**Work required**:
Nothing may be added, dropped, or altered; restate the listing word for word.

**Given entries**:
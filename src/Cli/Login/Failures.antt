-- ===== src/Cli/Login/Failures.antt =====
-- What a login that fails has changed.
use stdiod.Base.{String, Bool, ◌≡◌, ◌≢◌, refl, Option, none, some, List, [], err, if_rule}
use stdiod.Config.{PersistedConfig}
use stdiod.Config.Backend.{Url}
use stdiod.Auth.{DeviceTokenResponse}
use stdiod.Http.{Request}
use stdiod.Cli.Login.{
  LoginArgs, Login, LoginError, Host, failed, finish_login, login_with, run, save_login,
  poll_unfinished,
}
use stdiod.Cli.Login.Outcomes.{by_key, by_device, by_loaded}

-- A login that reports an error saved nothing and revoked nothing.
abbrev IsWhole : Login → Type 0
IsWhole l =
    (e : LoginError)
    → l.result ≡ err e
    → (l.saved ≡ none) × (l.revocations ≡ []) × (e ≢ poll_unfinished)

save_login-IsWhole :
    (parse : String → Option Url) (host : Host) (c : PersistedConfig) (opened : List String)
    (revocations : List Request)
    → IsWhole (save_login parse host c opened revocations)
unfolding save_login
save_login-IsWhole parse host c opened revocations =
    if_rule IsWhole host.save_fails _ _ (λ _ e h. (refl, refl, cc)) (λ _ e h. cc)

module _ (parse : String → Option Url) (host : Host) (args : LoginArgs) where
  failed-IsWhole :
      (opened : List String) (e : LoginError) → e ≢ poll_unfinished → IsWhole (failed opened e)
  failed-IsWhole opened e other e' h = (refl, refl, λ same. other cc)

  finish-IsWhole :
      (c : PersistedConfig) (backend : String) (same_issuer : Bool) (opened : List String)
      (token : DeviceTokenResponse)
      → IsWhole (finish_login parse host c backend same_issuer args opened token)
  unfolding finish_login
  finish-IsWhole c backend same_issuer opened token = save_login-IsWhole parse host _ opened _

  with-IsWhole :
      (key : Option String) (c : PersistedConfig) (backend : String)
      → IsWhole (login_with parse host key args c backend)
  unfolding login_with
  with-IsWhole (some key) c backend =
      by_key parse host args IsWhole failed-IsWhole c backend _ key
        (λ next _. save_login-IsWhole parse host next [] _)
  with-IsWhole none c backend =
      by_device parse host args IsWhole failed-IsWhole c backend _ (finish-IsWhole c backend _)

  -- A login that reports an error has saved nothing and has not revoked the credential before it, and
  -- the error is never that the fuel of the poll ran out.
  pub run-error :
      (e : LoginError)
      → (run parse host args).result ≡ err e
      → ((run parse host args).saved ≡ none)
        × ((run parse host args).revocations ≡ [])
        × (e ≢ poll_unfinished)
  run-error =
      by_loaded parse host args IsWhole failed-IsWhole
        (λ c backend _. with-IsWhole args.api_key c backend)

**The answer**:
filename src/Cli/Login/Failures.antt
-- ===== src/Cli/Login/Failures.antt =====
-- What a login that fails has changed.
use stdiod.Base.{String, Bool, ◌≡◌, ◌≢◌, refl, Option, none, some, List, [], err, if_rule}
use stdiod.Config.{PersistedConfig}
use stdiod.Config.Backend.{Url}
use stdiod.Auth.{DeviceTokenResponse}
use stdiod.Http.{Request}
use stdiod.Cli.Login.{
  LoginArgs, Login, LoginError, Host, failed, finish_login, login_with, run, save_login,
  poll_unfinished,
}
use stdiod.Cli.Login.Outcomes.{by_key, by_device, by_loaded}

-- A login that reports an error saved nothing and revoked nothing.
abbrev IsWhole : Login → Type 0
IsWhole l =
    (e : LoginError)
    → l.result ≡ err e
    → (l.saved ≡ none) × (l.revocations ≡ []) × (e ≢ poll_unfinished)

save_login-IsWhole :
    (parse : String → Option Url) (host : Host) (c : PersistedConfig) (opened : List String)
    (revocations : List Request)
    → IsWhole (save_login parse host c opened revocations)
unfolding save_login
save_login-IsWhole parse host c opened revocations =
    if_rule IsWhole host.save_fails _ _ (λ _ e h. (refl, refl, cc)) (λ _ e h. cc)

module _ (parse : String → Option Url) (host : Host) (args : LoginArgs) where
  failed-IsWhole :
      (opened : List String) (e : LoginError) → e ≢ poll_unfinished → IsWhole (failed opened e)
  failed-IsWhole opened e other e' h = (refl, refl, λ same. other cc)

  finish-IsWhole :
      (c : PersistedConfig) (backend : String) (same_issuer : Bool) (opened : List String)
      (token : DeviceTokenResponse)
      → IsWhole (finish_login parse host c backend same_issuer args opened token)
  unfolding finish_login
  finish-IsWhole c backend same_issuer opened token = save_login-IsWhole parse host _ opened _

  with-IsWhole :
      (key : Option String) (c : PersistedConfig) (backend : String)
      → IsWhole (login_with parse host key args c backend)
  unfolding login_with
  with-IsWhole (some key) c backend =
      by_key parse host args IsWhole failed-IsWhole c backend _ key
        (λ next _. save_login-IsWhole parse host next [] _)
  with-IsWhole none c backend =
      by_device parse host args IsWhole failed-IsWhole c backend _ (finish-IsWhole c backend _)

  -- A login that reports an error has saved nothing and has not revoked the credential before it, and
  -- the error is never that the fuel of the poll ran out.
  pub run-error :
      (e : LoginError)
      → (run parse host args).result ≡ err e
      → ((run parse host args).saved ≡ none)
        × ((run parse host args).revocations ≡ [])
        × (e ≢ poll_unfinished)
  run-error =
      by_loaded parse host args IsWhole failed-IsWhole
        (λ c backend _. with-IsWhole args.api_key c backend)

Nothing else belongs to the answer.